The truth is that the doll was meant more for me than for her. The box’s seal was broken, because over the last week, after Eleanor was in bed, I had taken the doll out to practice hair braiding; watching a dozen or so online tutorials until my fingers knew the patterns by heart.

This was me trying to do better.

I have Eleanor sit on the couch and proceed to divide her hair into three separate segments, rolling one on top of the other, forming a loose french braid. I steal one of the ponytail holders included with the doll and finish it off. Carrying her to the downstairs bathroom, I let Eleanor look at it in the mirror. She puts a tentative hand behind her head to feel the braid.

“What do you think?” I ask.

“Just like mommy does,” she says.

I smile. “Alright, let’s get in the car fast, because now we’re really late.”

“But we’re never late,” Eleanor says.

“Yeah, you’re right, but it’s your birthday.”

There’s kindergarten and work and then we’re back home. I’ve invited my parents over and while they keep Eleanor entertained with more new dolls and a collection of other toys, I cook Eleanor one of her favorite meals: spaghetti. It’s not the best flavor to pair with a chocolate cake, but she is the birthday girl, and what six-year-old understands the complexity of various flavor profiles, anyways?

Instead of buying jars of spaghetti sauce from the store, I have on the stove at a low simmer a collection of canned whole plum tomatoes, basil, a ton of garlic, some red wine, and salt. The cake is already in the fridge cooling and I’m already uncomfortably aware that Eleanor is on the path towards a late bedtime, but I’m enjoying cooking from scratch too much to be truly bothered by that fact.

This used to be our thing, Veronica’s and mine: cooking. Since she passed, I would still cook most days of the week, but it was simplified and rushed. Today was the first time in six or so months that I was taking the time and enjoying it. In the recent past, if I was tempted to cook a pasta sauce from scratch, I would have skipped the simmer stage and went straight to plating, convincing myself that however bland it was in the moment, that overnight the flavors would seep into every nook and cranny and be even more delicious the next night for leftovers.
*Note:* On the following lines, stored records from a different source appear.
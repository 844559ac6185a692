-- ===== src/App/Effects.antt =====
-- What the monitor's actions change, and when `healthz` answers 200.
use openai_ipmi_proxy.Prelude.{
  ℕ, ◌≡◌, refl, sym, ap, subst, inl, inr, Bool-cases, arith, String, Bool, true, false, List, [],
  ◌∷◌, ◌++◌, Option, none, some, string_eq,
}
use openai_ipmi_proxy.Prelude.Lists.{All}
use openai_ipmi_proxy.Prelude.Int.{pos, negsuc}
use openai_ipmi_proxy.Prelude.Dict.{lookup}
use openai_ipmi_proxy.Prelude.Value.{
  Value, null, bool, int, decimal, text, array, object, get_field,
}
use openai_ipmi_proxy.Power.Backend.{PowerBackend}
use openai_ipmi_proxy.Queue.State.{EndpointQueue, Key}
use openai_ipmi_proxy.Queue.Invariant.{IsValid}
use openai_ipmi_proxy.Queue.Lifecycle.{release_session, release_found}
use openai_ipmi_proxy.Queue.Validity.Spots.{release_session-IsValid}
use openai_ipmi_proxy.Server.Runtime.{ServerRuntime}
use openai_ipmi_proxy.App.Relay.{Published, Relay}
use openai_ipmi_proxy.App.Actions.{
  call_found, Answer, bad_request, not_found, internal_error, set_to, as_str, ServerKey, unhashable,
  no_server, named, key_of, or_first, release_loop, action_of, answer_release, release_named,
  monitor_release, with_server, shutdown_named, monitor_shutdown, power_call, power_named,
  monitor_power, timeout_named, monitor_timeout,
}

-- The state that a release leaves a queue in, when it finds nothing
release_found_refused :
    (now : ℕ) (q : EndpointQueue) (key : Key) (o : Option ℕ)
    → (release_found now q key o).1 ≡ false
    → (release_found now q key o).0 ≡ q
unfolding release_found
release_found_refused now q key none h = refl
release_found_refused now q key (some r) h = ground (arith, h)

release_refused :
    (now : ℕ) (q : EndpointQueue) (client session : String)
    → (release_session now q client session).1 ≡ false
    → (release_session now q client session).0 ≡ q
unfolding release_session
release_refused now q client session h = release_found_refused now q (client, session) _ h

module _ (now : ℕ) (client session : String) where
  -- The queue of the endpoint has no spot to give back.
  abbrev pub HoldsNone : String × Published → Type 0
  HoldsNone p = (release_session now p.1.queue client session).1 ≡ false

  abbrev pub released_at : String × Published → String × Published
  released_at p = (p.0, record p.1 { queue = (release_session now p.1.queue client session).0 })

  -- What the loop leaves: all as it was, or the first endpoint that holds a spot without it
  abbrev pub Releases : List (String × Published) → Bool × List (String × Published) → Type 0
  Releases endpoints (false, after) = All HoldsNone endpoints × (after ≡ endpoints)
  Releases endpoints (true, after) =
      (before : List (String × Published)) × (p : String × Published) × (rest : List
        (String × Published))
      × (endpoints ≡ before ++ p ∷ rest)
      × All HoldsNone before
      × ((release_session now p.1.queue client session).1 ≡ true)
      × (after ≡ before ++ released_at p ∷ rest)

  -- An endpoint in front that has no spot to give back
  skip :
      (p : String × Published) (rest : List (String × Published))
      (later : Bool × List (String × Published))
      → HoldsNone p
      → Releases rest later
      → Releases (p ∷ rest) (later.0, p ∷ later.1)
  skip p rest (false, after) none_here h = ((none_here, h.0), ap (◌∷◌ p) h.1)
  skip p rest (true, after) none_here (before, q, after_q, parts, earlier, done, is_after) =
      (p ∷ before, q, after_q, ap (◌∷◌ p) parts, (none_here, earlier), done, ap (◌∷◌ p) is_after)

  unchanged :
      (name : String) (e : Published) → HoldsNone (name, e) → released_at (name, e) ≡ (name, e)
  unchanged name e h =
      ap (λ q. (name, record e { queue = q })) (release_refused now e.queue client session h)

  pub release_loop-Releases :
      (endpoints : List (String × Published))
      → Releases endpoints (release_loop now client session endpoints)
  unfolding release_loop
  release_loop-Releases [] = (tt, refl)
  release_loop-Releases ((name, e) ∷ rest) =
      elim (Bool-cases (release_session now e.queue client session).1) [
        | inl done ↦ simp done ([], (name, e), rest, refl, tt, done, refl)
        | inr none_here ↦ simp none_here (
            subst
              (λ p. Releases ((name, e) ∷ rest) (
                (release_loop now client session rest).0,
                p ∷ (release_loop now client session rest).1,
              ))
              (sym (unchanged name e none_here))
              (skip (name, e) rest (release_loop now client session rest) none_here
                (release_loop-Releases rest)))
      ]

  pub release_loop-IsValid :
      (endpoints : List (String × Published))
      → All (λ p. IsValid p.1.queue) endpoints
      → All (λ p. IsValid p.1.queue) (release_loop now client session endpoints).1
  unfolding release_loop
  release_loop-IsValid [] v = tt
  release_loop-IsValid ((name, e) ∷ rest) v =
      elim (Bool-cases (release_session now e.queue client session).1) [
        | inl done ↦ simp done (release_session-IsValid now e.queue client session v.0, v.1)
        | inr none_here ↦
            simp none_here (
              release_session-IsValid now e.queue client session v.0,
              release_loop-IsValid rest v.1,
            )
      ]

-- The actions of the monitor
pub data Action : Type 0 where
  release shutdown power timeout : Option Value → Action

-- An answer with a status of 400 or more
abbrev pub IsRefusal : Answer → Type 0
IsRefusal bad_request = Unit
IsRefusal not_found = Unit
IsRefusal internal_error = Unit
IsRefusal _ = ⊥

module _ {B : Type 0} (api : PowerBackend B) (repr : Value → String) (now : ℕ) (uuid : String)
    (relay : Relay B) where
  unfoldable pub perform : Action → Answer × Relay B
  perform (release json) = monitor_release api repr now json relay
  perform (shutdown json) = monitor_shutdown api repr json relay
  perform (power json) = monitor_power api repr uuid json relay
  perform (timeout json) = monitor_timeout api repr json relay

  abbrev Refuses : Answer × Relay B → Type 0
  Refuses r = IsRefusal r.0 → r.1 ≡ relay

  answer_release-Refuses :
      (client session : String) (r : Bool × List (String × Published))
      → Releases now client session relay.endpoints r
      → Refuses (answer_release api repr relay r)
  answer_release-Refuses client session (true, after) h refused = absurd refused
  answer_release-Refuses client session (false, after) h refused =
      ap (λ endpoints. record relay { endpoints = endpoints }) h.1

  release_named-Refuses :
      (client session : Option Value) → Refuses (release_named api repr now relay client session)
  release_named-Refuses (some c) (some s) =
      answer_release-Refuses (as_str repr c) (as_str repr s) _
        (release_loop-Releases now (as_str repr c) (as_str repr s) relay.endpoints)
  release_named-Refuses none s = λ refused. refl
  release_named-Refuses (some c) none = λ refused. refl

  call_found-Refuses :
      (name : String) (call : String → ServerRuntime B → Answer × ServerRuntime B)
      → ((n : String) (s : ServerRuntime B) → ¬ (IsRefusal (call n s).0))
      → (found : Option (ServerRuntime B)) → Refuses (call_found api repr relay name call found)
  call_found-Refuses name call done none = λ refused. refl
  call_found-Refuses name call done (some server) = λ refused. absurd (done name server refused)

  with_server-Refuses :
      (key : ServerKey) (call : String → ServerRuntime B → Answer × ServerRuntime B)
      → ((name : String) (s : ServerRuntime B) → ¬ (IsRefusal (call name s).0))
      → Refuses (with_server api repr relay key call)
  with_server-Refuses unhashable call done = λ refused. refl
  with_server-Refuses no_server call done = λ refused. refl
  with_server-Refuses (named name) call done =
      call_found-Refuses name call done (lookup name relay.servers)

  shutdown_named-Refuses :
      (enabled server : Option Value) → Refuses (shutdown_named api repr relay enabled server)
  shutdown_named-Refuses (some (bool b)) server =
      with_server-Refuses (or_first relay.servers (set_to server)) _ (λ name s h. h)
  shutdown_named-Refuses none server = λ refused. refl
  shutdown_named-Refuses (some null) server = λ refused. refl
  shutdown_named-Refuses (some (int n)) server = λ refused. refl
  shutdown_named-Refuses (some (decimal c s)) server = λ refused. refl
  shutdown_named-Refuses (some (text s)) server = λ refused. refl
  shutdown_named-Refuses (some (array items)) server = λ refused. refl
  shutdown_named-Refuses (some (object fields)) server = λ refused. refl

  power_call_done :
      (action : Bool) (name : String) (s : ServerRuntime B)
      → ¬ (IsRefusal (power_call api repr uuid action name s).0)
  power_call_done true name s h = h
  power_call_done false name s h = h

  power_named-Refuses :
      (server : Option Value) (action : Option Bool)
      → Refuses (power_named api repr uuid relay server action)
  power_named-Refuses (some server) (some action) =
      with_server-Refuses (key_of server) _ (power_call_done action)
  power_named-Refuses none action = λ refused. refl
  power_named-Refuses (some server) none = λ refused. refl

  timeout_named-Refuses : (value : Option Value) → Refuses (timeout_named api repr relay value)
  timeout_named-Refuses (some (int (pos n))) = λ refused. absurd refused
  timeout_named-Refuses (some (int (negsuc n))) = λ refused. refl
  timeout_named-Refuses none = λ refused. refl
  timeout_named-Refuses (some null) = λ refused. refl
  timeout_named-Refuses (some (bool b)) = λ refused. refl
  timeout_named-Refuses (some (decimal c s)) = λ refused. refl
  timeout_named-Refuses (some (text s)) = λ refused. refl
  timeout_named-Refuses (some (array items)) = λ refused. refl
  timeout_named-Refuses (some (object fields)) = λ refused. refl

  -- An action of the monitor that is refused, with 400, 404 or 500, whatever its body is, changes nothing: no endpoint, no server, no call of the store, no timeout.
  pub refused_changes_nothing :
      (action : Action) → IsRefusal (perform action).0 → (perform action).1 ≡ relay
  unfolding perform monitor_release monitor_shutdown monitor_power monitor_timeout
  refused_changes_nothing (release (some (object fields))) =
      release_named-Refuses (set_to (get_field "client" fields))
        (set_to (get_field "session" fields))
  refused_changes_nothing (shutdown (some (object fields))) =
      shutdown_named-Refuses (get_field "enabled" fields) (get_field "server" fields)
  refused_changes_nothing (power (some (object fields))) =
      power_named-Refuses (set_to (get_field "server" fields))
        (action_of (get_field "action" fields))
  refused_changes_nothing (timeout (some (object fields))) =
      timeout_named-Refuses (get_field "read_timeout" fields)
  refused_changes_nothing _ = λ refused. refl
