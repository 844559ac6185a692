-- ===== src/App/Handled.antt =====
-- What the handlers of requests and of WebSockets do, on every branch.
use openai_ipmi_proxy.Prelude.{
  ℕ, ◌≡◌, ◌≢◌, refl, subst, inl, inr, Bool-cases, Option-cases, arith, String, true, false, Option,
  none, some, ◌==◌, string_eq,
}
use openai_ipmi_proxy.Prelude.Lists.{All}
use openai_ipmi_proxy.Prelude.Dict.{lookup}
use openai_ipmi_proxy.Prelude.Text.{starts_with_slash, starts_with, concat}
use openai_ipmi_proxy.Routing.{route, absolute, Answers, IsRoute, route-Answers}
use openai_ipmi_proxy.Tracker.{record_request}
use openai_ipmi_proxy.App.Relay.{Published, Relay}
use openai_ipmi_proxy.App.Adoption.{Adopts, adopt-Adopts}
use openai_ipmi_proxy.App.Dispatch.{
  Reply, blocked, no_catch_all, WsReply, closed, Request, prefix_of, full_path, adopt, track,
  catch_all_endpoint, pass, proxy_to, proxy, ws_pass, ws_to, ws_proxy,
}

module _ {B : Type 0} (now : ℕ) (uuid : String) (request : Request) (relay : Relay B) where
  -- No prefix of an endpoint is one of the path.
  abbrev pub Unmatched : Type 0
  Unmatched = All (λ p. starts_with (full_path request) (prefix_of p) ≡ false) relay.endpoints

  -- The tracker with this request, of the endpoint that takes it
  abbrev pub with_tracked : Published → Relay B
  with_tracked e = record relay {
    unknown_tracker =
        record_request request.client_ip request.user_agent request.method (full_path request)
          (concat e.service_url (full_path request)) now relay.unknown_tracker;
  }

  -- The answer and the state after it, by the answer
  abbrev pub Handled : Reply × Relay B → Type 0
  Handled (Reply.admitted name false, after) =
      (e : Published) × IsRoute prefix_of (full_path request) relay.endpoints (name, e)
      × Adopts now uuid e.server relay after
  Handled (Reply.admitted name true, after) =
      Unmatched
      × (relay.unknown_path_policy ≡ "allow")
      × (relay.catch_all ≡ some name)
      × ((e : Published) × (lookup name relay.endpoints ≡ some e)
          × Adopts now uuid e.server (with_tracked e) after)
  Handled (blocked, after) = Unmatched × (relay.unknown_path_policy ≢ "allow") × (after ≡ relay)
  Handled (no_catch_all, after) =
      Unmatched
      × (relay.unknown_path_policy ≡ "allow")
      × (catch_all_endpoint relay ≡ none)
      × (after ≡ relay)

  catch_all_found :
      (name : String) (e : Published)
      → catch_all_endpoint relay ≡ some (name, e)
      → (relay.catch_all ≡ some name) × (lookup name relay.endpoints ≡ some e)
  catch_all_found name e h = elim (Option-cases relay.catch_all) [
    | inl unset ↦ absurd (ground (arith, h, unset))
    | inr (n, set) ↦ elim (Option-cases (lookup n relay.endpoints)) [
      | inl missing ↦ absurd (ground (arith, h, set, missing))
      | inr (f, found) ↦ (ground (arith, h, set, found), ground (arith, h, set, found))
    ]
  ]

  passed-Adopts :
      (e : Published)
      → Adopts now uuid e.server
          (with_tracked e)
          (adopt now uuid e (track now uuid request e relay))
  unfolding track
  passed-Adopts e = adopt-Adopts now uuid e (with_tracked e)

  pass-Handled :
      (found : Option (String × Published))
      → Unmatched
      → relay.unknown_path_policy ≡ "allow"
      → catch_all_endpoint relay ≡ found
      → Handled (pass now uuid request relay found)
  pass-Handled none u p c = (u, p, c, refl)
  pass-Handled (some (name, e)) u p c =
      let (caught, found) = catch_all_found name e c in (u, p, caught, (e, found, passed-Adopts e))

  proxy_to-Handled :
      (found : Option (String × Published))
      → Answers prefix_of (full_path request) relay.endpoints found
      → Handled (proxy_to now uuid request relay found)
  proxy_to-Handled (some (name, e)) h = (e, h, adopt-Adopts now uuid e relay)
  proxy_to-Handled none h = elim (Bool-cases (relay.unknown_path_policy == "allow")) [
    | inl allow ↦ rw allow (
        pass-Handled (catch_all_endpoint relay) h
          ((string_eq.agree relay.unknown_path_policy "allow").0 allow) refl)
    | inr block ↦ rw block (
      h,
      (λ p. ground (arith, block, string_eq.agree relay.unknown_path_policy "allow", p)),
      refl,
    )
  ]

  full_path-absolute : absolute (full_path request) ≡ full_path request
  unfolding absolute
  full_path-absolute = rw (starts_with_slash request.path) refl

  -- A request is admitted to the endpoint that `route` chooses: the first of the longest prefix of its path. Only without one the policy counts: under `allow` the catch-all endpoint takes it, unqueued and tracked, or the answer is 404; else it is 403. A request that is admitted makes the server of its endpoint active and no other: that server is owned from then on, in the power cycle it had or else a new one, if its configuration adopts on traffic, and the store is told when this is new. A request that is not admitted changes nothing.
  pub proxy-Handled : Handled (proxy now uuid request relay)
  unfolding proxy
  proxy-Handled = proxy_to-Handled (route prefix_of (full_path request) relay.endpoints) (
      subst
        (λ path.
          Answers prefix_of path relay.endpoints
            (route prefix_of (full_path request) relay.endpoints))
        full_path-absolute (route-Answers prefix_of (full_path request) relay.endpoints))

  -- What a WebSocket gets where a request gets this
  abbrev pub mirrored : Reply → WsReply
  mirrored blocked = closed
  mirrored no_catch_all = closed
  mirrored (Reply.admitted name passthrough) = WsReply.admitted name passthrough

  -- All but the tracker
  abbrev pub untracked : Relay B → Relay B
  untracked after = record after { unknown_tracker = relay.unknown_tracker }

  abbrev Mirrors : Reply × Relay B → WsReply × Relay B → Type 0
  Mirrors http ws = (ws.0 ≡ mirrored http.0) × (ws.1 ≡ untracked http.1)

  pass-Mirrors :
      (found : Option (String × Published))
      → Mirrors (pass now uuid request relay found) (ws_pass now uuid relay found)
  unfolding adopt track
  pass-Mirrors none = (refl, refl)
  pass-Mirrors (some (name, e)) = (refl, refl)

  to-Mirrors :
      (found : Option (String × Published))
      → Mirrors (proxy_to now uuid request relay found) (ws_to now uuid relay found)
  unfolding adopt
  to-Mirrors (some (name, e)) = (refl, refl)
  to-Mirrors none = elim (Bool-cases (relay.unknown_path_policy == "allow")) [
    | inl allow ↦ rw allow (pass-Mirrors (catch_all_endpoint relay))
    | inr block ↦ rw block (refl, refl)
  ]

  -- A WebSocket is routed as a request of the same path is: to the same endpoint, with the same adoption, and it is closed where the request gets 403 or 404. It differs in one thing: it leaves no entry in the tracker.
  pub ws_proxy-mirrors :
      ((ws_proxy now uuid request relay).0 ≡ mirrored (proxy now uuid request relay).0)
      × ((ws_proxy now uuid request relay).1 ≡ untracked (proxy now uuid request relay).1)
  unfolding proxy ws_proxy
  ws_proxy-mirrors = to-Mirrors (route prefix_of (full_path request) relay.endpoints)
Even though Eleanor was too young to appreciate the difference in those flavor profiles, I still hope that she would appreciate the meal and if she doesn’t, I’ll pile on the guilt and shame, making sure I remind her about all the time, energy, and effort I spent until she’s recounting the story years later to her friends or children about the amazing dinner her father made on her sixth birthday.

The noodles are the only thing I don’t cook from scratch. I’ve seen plenty of online demonstrations to appreciate the fine art of pasta making and to come up with a couple dozen reasons why I don’t want a pasta machine in my house.

Soon enough dinner is ready.

We sat at the table, eating and talking. Eleanor, between bites of food, does most of the talking. She’s decided tonight that she’s my neighbor and she calls me by my first name, which coming from her sounds very odd. Her new dolls are her babies. They sit at the table as well, but when I try to strike up a conversation they remain silent. I try to point this out to Eleanor, but she tells me that babies don’t talk, even though they are very clearly disproportionate women in their mid-twenties.

We cut the cake, sing “Happy Birthday,” and we’re back to our usual bedtime routine of bathtime, teeth brushing, and stories. Eleanor’s grandma sits in her room reading while my dad and I clean up in silence, which is our normal routine: just focusing on the task.

As my mom comes down the stairs, I head up to tell Eleanor goodnight. Her eyes are heavy, but still open. I sit on the floor next to her bed. She reaches out, wiggling her fingers, until I take her hand in mind.

“Did you have a good birthday?” I ask.

She nods her head as enthusiastically as her tired little body would allow her.

“I love you,” I tell her. “Sweet dreams.”

“Sweet dreams to you, too,” she says and she rolls over, closing her eyes.